Lightroom version: CC 2015.7 [ 1090788 ]
License: Creative Cloud
Operating system: Mac OS 10
Version: 10.13 [4]
Application architecture: x64
Logical processor count: 8
Processor speed: 2.8 GHz
Built-in memory: 16,384.0 MB
Real memory available to Lightroom: 16,384.0 MB
Real memory used by Lightroom: 2,827.7 MB (17.2%)
Virtual memory used by Lightroom: 8,262.9 MB
Memory cache size: 2,039.6 MB


----------



## clee01l (May 7, 2018)

I think your problems will disappear when you use the Adobe Creative Cloud App manager to update LR to Lightroom Classic version: 7.3.1 [ 1167660 ]


----------



## LeeMiller (May 7, 2018)

clee01l said:


> I think your problems will disappear when you use the Adobe Creative Cloud App manager to update LR to Lightroom Classic version: 7.3.1 [ 1167660 ]


Sounds promising, but I'm a bit confused. What's the relation between CC 2015.7 and Classic version: 7.3.1 ?


----------



## Johan Elzenga (May 7, 2018)

LeeMiller said:


> Sounds promising, but I'm a bit confused. What's the relation between CC 2015.7 and Classic version: 7.3.1 ?

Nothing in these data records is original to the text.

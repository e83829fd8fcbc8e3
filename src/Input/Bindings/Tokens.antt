-- ===== src/Input/Bindings/Tokens.antt =====
-- The queries of an InputPoller of internal/input_poller.cpp: is_binding_active by index, by name and by a
-- token, and the tokens.
pub mod Reshapes
pub mod Agreement
use detour_mod_kit.Base.{
  ℕ, zero, suc, ◌+◌, Bool, true, false, not, ◌&&◌, ◌||◌, List, [], ◌∷◌, ltb, ◌==◌, if◌then◌else◌,
}
use detour_mod_kit.Text.{Text}
use detour_mod_kit.Input.{Entry}
use detour_mod_kit.Input.Bindings.{Poller, named}

-- The generation 0 is that of an invalid token.
pub record BindingToken : Type 0 where
  pub generation : ℕ
  pub indices : List ℕ

abbrev pub invalid : BindingToken
invalid = record { generation = 0; indices = [] }

-- Out of bounds nothing is active.
unfoldable pub active_at : List Entry → ℕ → Bool
active_at [] i = false
active_at (e ∷ es) zero = e.active
active_at (e ∷ es) (suc i) = active_at es i

unfoldable pub any_active : List Entry → List ℕ → Bool
unfolding active_at
any_active es [] = false
any_active es (i ∷ is) = active_at es i || any_active es is

-- The index of a name, from a first index on.
unfoldable pub indices_of : Text → ℕ → List Entry → List ℕ
indices_of name i [] = []
indices_of name i (e ∷ es) =
    let rest = indices_of name (suc i) es in if named name e then i ∷ rest else rest

abbrev pub looked_up : Bool → Text → List Entry → List ℕ
looked_up true name es = indices_of name 0 es
looked_up false name es = []

unfoldable pub is_index_active : ℕ → Poller → Bool
unfolding active_at
is_index_active index p = active_at p.entries index

unfoldable pub is_name_active : Text → Poller → Bool
unfolding any_active indices_of
is_name_active name p = any_active p.entries (looked_up p.indexed name p.entries)

abbrev pub token_of : ℕ → List ℕ → BindingToken
token_of generation [] = invalid
token_of generation (i ∷ is) = record { generation = generation; indices = i ∷ is }

unfoldable pub acquire_binding_token : Bool → Text → Poller → BindingToken
unfolding indices_of
acquire_binding_token memory name p =
    if memory then token_of p.generation (looked_up p.indexed name p.entries) else invalid

unfoldable pub binding_token_current : BindingToken → Poller → Bool
binding_token_current token p = not (token.generation == 0) && token.generation == p.generation

unfoldable pub is_token_active : BindingToken → Poller → Bool
unfolding any_active
is_token_active token p =
    if token.generation == 0
    then false
    else if token.generation == p.generation
    then any_active p.entries token.indices
    else false
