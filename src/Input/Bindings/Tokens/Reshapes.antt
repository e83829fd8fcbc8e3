-- ===== src/Input/Bindings/Tokens/Reshapes.antt =====
-- What keeps the bindings of an InputPoller of internal/input_poller.cpp as they are, and what draws a new
-- generation.
use detour_mod_kit.Base.{
  All, ℕ, ◌≡◌, ◌≢◌, inl, inr, refl, ap, ◌∙◌, Bool, true, false, List, [], ◌∷◌, map, ◌==◌,
  if◌then◌else◌, Bool-cases, length,
}
use detour_mod_kit.Text.{Text}
use detour_mod_kit.Input.{InputCode, InputBinding, Sample, Entry, Call}
use detour_mod_kit.Input.Cycle.{
  Claims, no_claims, evaluate, edge_calls, can_stage, Pass, pass_entry, pass_over, poll_cycle,
}
use detour_mod_kit.Input.Bindings.{
  KeyCombo, Poller, recompute, with_name, update_named, update_combos, any_entry, owned_by,
  add_bindings, remove_named, remove_bindings_by_name, clear_bindings, deactivate,
  release_active_holds, set_named_consume, set_consume, set_consume_by_owner,
}
use detour_mod_kit.Input.Bindings.History.{
  Op, cycle, update, add, remove, clear, release, consume_named, consume_owned, apply, run,
}

abbrev pub binding_of : Entry → InputBinding
binding_of e = e.binding

-- The same bindings, whatever is active.
unfoldable pub Same : Poller → Poller → Type 0
Same p q = (map binding_of q.entries ≡ map binding_of p.entries) × (q.indexed ≡ p.indexed)

-- Where the generation of `q` is `g`, so is that of `p`, and both have the same bindings.
unfoldable pub Kept : ℕ → Poller → Poller → Type 0
unfolding Same
Kept g p q = q.generation ≡ g → (p.generation ≡ g) × Same p q

unchanged : (g : ℕ) (p : Poller) → Kept g p p
unfolding Kept Same
unchanged g p h = (h, (refl, refl))

redrawn :
    (g : ℕ) (p : Poller) (memory : Bool) (drawn : ℕ) (es : List Entry) (r : Poller)
    → drawn ≢ g
    → Kept g p (recompute memory drawn es r)
unfolding Kept recompute
redrawn g p true drawn es r d h = elim (d h) [ ]
redrawn g p false drawn es r d h = elim (d h) [ ]

pass_entry-bindings :
    (ks : List InputCode) (staging : Bool) (e : Entry) (es : List Entry) (r : Bool × Claims)
    (cs : List Call) (rest further : Pass)
    → map binding_of rest.entries ≡ map binding_of es
    → map binding_of further.entries ≡ map binding_of es
    → map binding_of (pass_entry ks staging e es r cs rest further).entries
      ≡ map binding_of (e ∷ es)
unfolding pass_entry
pass_entry-bindings [] staging e es r cs rest further h k = ap (λ x. e.binding ∷ x) h
pass_entry-bindings (c ∷ ks) false e es r cs rest further h k = refl
pass_entry-bindings (c ∷ ks) true e es r cs rest further h k = ap (λ x. e.binding ∷ x) k

pass_over-bindings :
    (memory : Call → Bool) (focused : Bool) (s : Sample) (known : List InputCode) (es : List Entry)
    (c : Claims)
    → map binding_of (pass_over memory focused s known es c).entries ≡ map binding_of es
unfolding pass_over
pass_over-bindings memory focused s known [] c = refl
pass_over-bindings memory focused s known (e ∷ es) c =
    let r = evaluate focused s known e.binding c in
    let staged = edge_calls e.binding.trigger e.binding e.active r.0 in
    pass_entry-bindings e.binding.keys (can_stage memory staged) e es r staged _ _
      (pass_over-bindings memory focused s known es c)
      (pass_over-bindings memory focused s known es r.1)

poll_cycle-bindings :
    (reserves : Bool) (memory : Call → Bool) (focused : Bool) (s : Sample) (known : List InputCode)
    (es : List Entry)
    → map binding_of (poll_cycle reserves memory focused s known es).entries ≡ map binding_of es
unfolding poll_cycle
poll_cycle-bindings false memory focused s known es = refl
poll_cycle-bindings true memory focused s known es =
    let h = pass_over-bindings memory focused s known es no_claims in
    elim (Bool-cases (pass_over memory focused s known es no_claims).broken) [
      | inl q ↦ rw q h
      | inr q ↦ rw q h
    ]

map-deactivate : (es : List Entry) → map binding_of (map deactivate es) ≡ map binding_of es
map-deactivate [] = refl
map-deactivate (e ∷ es) = ap (λ x. e.binding ∷ x) (map-deactivate es)

update_named-Kept :
    (g : ℕ) (memory caches : Bool) (drawn : ℕ) (name : Text) (combos : List KeyCombo)
    (found : List Entry) (p : Poller)
    → drawn ≢ g
    → Kept g p (update_named memory caches drawn name combos found p).0
unfolding update_named
update_named-Kept g memory caches drawn name combos [] p d = unchanged g p
update_named-Kept g false caches drawn name combos (e ∷ es) p d = unchanged g p
update_named-Kept g true caches drawn name combos (e ∷ es) p d =
    elim (Bool-cases (length (e ∷ es) == length combos)) [
      | inl q ↦ rw q (redrawn g p caches drawn _ p d)
      | inr q ↦ rw q (redrawn g p caches drawn _ p d)
    ]

add_bindings-Kept :
    (g : ℕ) (memory caches : Bool) (drawn : ℕ) (bs : List InputBinding) (p : Poller)
    → drawn ≢ g
    → Kept g p (add_bindings memory caches drawn bs p).0
unfolding add_bindings
add_bindings-Kept g memory caches drawn [] p d = unchanged g p
add_bindings-Kept g true caches drawn (b ∷ bs) p d = redrawn g p caches drawn _ p d
add_bindings-Kept g false caches drawn (b ∷ bs) p d = unchanged g p

remove_named-Kept :
    (g : ℕ) (memory caches : Bool) (drawn : ℕ) (name : Text) (invoke : Bool) (found : List Entry)
    (p : Poller)
    → drawn ≢ g
    → Kept g p (remove_named memory caches drawn name invoke found p).0
unfolding remove_named
remove_named-Kept g memory caches drawn name invoke [] p d = unchanged g p
remove_named-Kept g true caches drawn name invoke (e ∷ es) p d = redrawn g p caches drawn _ p d
remove_named-Kept g false caches drawn name invoke (e ∷ es) p d = unchanged g p

clear_bindings-Kept :
    (g : ℕ) (memory : Bool) (drawn : ℕ) (invoke : Bool) (p : Poller)
    → drawn ≢ g
    → Kept g p (clear_bindings memory drawn invoke p).0
unfolding clear_bindings Kept Same
clear_bindings-Kept g true drawn invoke p d h = elim (d h) [ ]
clear_bindings-Kept g false drawn invoke p d h = (h, (refl, refl))

set_consume-Kept :
    (g : ℕ) (caches : Bool) (drawn : ℕ) (name : Text) (consume : Bool) (p : Poller)
    → drawn ≢ g
    → Kept g p (set_consume caches drawn name consume p)
unfolding set_consume
set_consume-Kept g caches drawn name consume p d =
    go (if p.indexed then with_name name p.entries else [])
  where
    go :
        (found : List Entry)
        → Kept g p (elim found as (λ x. Poller) [
          | [] ↦ p
          | e ∷ es ↦ recompute caches drawn (set_named_consume name consume p.entries) p
        ])
    go [] = unchanged g p
    go (e ∷ es) = redrawn g p caches drawn _ p d

set_consume_by_owner-Kept :
    (g : ℕ) (caches : Bool) (drawn owner : ℕ) (consume : Bool) (p : Poller)
    → drawn ≢ g
    → Kept g p (set_consume_by_owner caches drawn owner consume p)
unfolding set_consume_by_owner
set_consume_by_owner-Kept g caches drawn owner consume p d = elim (Bool-cases (owner == 0)) [
  | inl q ↦ rw q (unchanged g p)
  | inr q ↦ rw q (elim (Bool-cases (any_entry (owned_by owner consume) p.entries)) [
    | inl a ↦ rw a (redrawn g p caches drawn _ p d)
    | inr a ↦ rw a (unchanged g p)
  ])
]

-- The generation that a rebuild draws is another one than this.
unfoldable pub DrawsAnew : ℕ → Op → Type 0
DrawsAnew g (cycle reserves memory focused s) = Unit
DrawsAnew g release = Unit
DrawsAnew g (update memory caches drawn name combos) = drawn ≢ g
DrawsAnew g (add memory caches drawn bs) = drawn ≢ g
DrawsAnew g (remove memory caches drawn name invoke) = drawn ≢ g
DrawsAnew g (clear memory drawn invoke) = drawn ≢ g
DrawsAnew g (consume_named caches drawn name consume) = drawn ≢ g
DrawsAnew g (consume_owned caches drawn owner consume) = drawn ≢ g

apply-Kept : (g : ℕ) (o : Op) (p : Poller) → DrawsAnew g o → Kept g p (apply o p).0
unfolding apply DrawsAnew update_combos remove_bindings_by_name release_active_holds
apply-Kept g (cycle reserves memory focused s) p t =
    unfold Kept in
    unfold Same in
    λ h. (h, (poll_cycle-bindings reserves memory focused s p.known_modifiers p.entries, refl))
apply-Kept g release p t = unfold Kept in unfold Same in λ h. (h, (map-deactivate p.entries, refl))
apply-Kept g (update memory caches drawn name combos) p t =
    update_named-Kept g memory caches drawn name combos _ p t
apply-Kept g (add memory caches drawn bs) p t = add_bindings-Kept g memory caches drawn bs p t
apply-Kept g (remove memory caches drawn name invoke) p t =
    remove_named-Kept g memory caches drawn name invoke _ p t
apply-Kept g (clear memory drawn invoke) p t = clear_bindings-Kept g memory drawn invoke p t
apply-Kept g (consume_named caches drawn name consume) p t =
    set_consume-Kept g caches drawn name consume p t
apply-Kept g (consume_owned caches drawn owner consume) p t =
    set_consume_by_owner-Kept g caches drawn owner consume p t

Kept-trans : (g : ℕ) (p q r : Poller) → Kept g p q → Kept g q r → Kept g p r
unfolding Kept Same
Kept-trans g p q r h k e =
    let second = k e in
    let first = h second.0 in (first.0, (second.1.0 ∙ first.1.0, second.1.1 ∙ first.1.1))

pub run-Kept : (g : ℕ) (os : List Op) (p : Poller) → All (DrawsAnew g) os → Kept g p (run os p).0
unfolding run
run-Kept g [] p t = unchanged g p
run-Kept g (o ∷ os) p t =
    let q = (apply o p).0 in
    Kept-trans g p q (run os q).0 (apply-Kept g o p t.0) (run-Kept g os q t.1)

Lightroom CC2015.7 is quite old. Lightroom Classic CC is the next major upgrade of this application.


----------



## LeeMiller (May 8, 2018)

Interesting. That's the version  I got through our university site license. Just how old is it?


----------



## clee01l (May 8, 2018)

LeeMiller said:


> Interesting. That's the version  I got through our university site license. Just how old is it?


About 2-3 years old.  Adobe sells LRCC and PhotoshopCC package only as a subscription.  This is managed using the app called Adobe Creative Cloud Application Manager. This app should be running on your computer and this keeps your apps up to date with patches and bug fixes.   I do not know how Adobe manages site license subscriptions.  But you need to take this up with your University IT that manages site licenses to get a legal up to date version of Lightroom Classic CC


----------



## LeeMiller (May 12, 2018)

So much for that fix. After several days with IT, I discovered that the University  doesn't have the updated LR, so I bought it separately. Activity Monitor is now bouncing between 300-500%. It's bad enough plugged in, but I suppose this will give me about 30 minutes on battery. Any ideas?


----------



## LeeMiller (May 12, 2018)

My problem with wildly excessive CPU usage is clearly related to the catalog. Following a clean OS upgrade, I needed to to go back to a backup version and the problem went away -- from 400% (even during idle) to 10% for an slightly older catalog, both of which have ~30k images. I needed to pull something from that catalog into the new one, and in the process, I decided to optimize the new version, even though it said it had just been done. That worked like magic. Unfortuanely, I was back up to 400% the next morning. Once again optimization immediately did the trick, but I assume it will be temporary. Is that enough for any of you gurus to offer some advice?


----------



## LeeMiller (May 21, 2018)

I'm still looking for help on this. Immediately after optimizing the catalog, the CPU activity is normal. It remains normal provided I don't stop and restart lightroom (I've left it running multiple days). As soon as I do, CPU% goes above 300 and stays there, even when LR is just sitting in the background. When I optimize it again, usage drops immediately to 10-15%.  Any ideas?


----------



## LouieSherwin (May 21, 2018)

You have looked at the Activity Monitor and confirmed that it is Lightroom that is consuming all the CPU time?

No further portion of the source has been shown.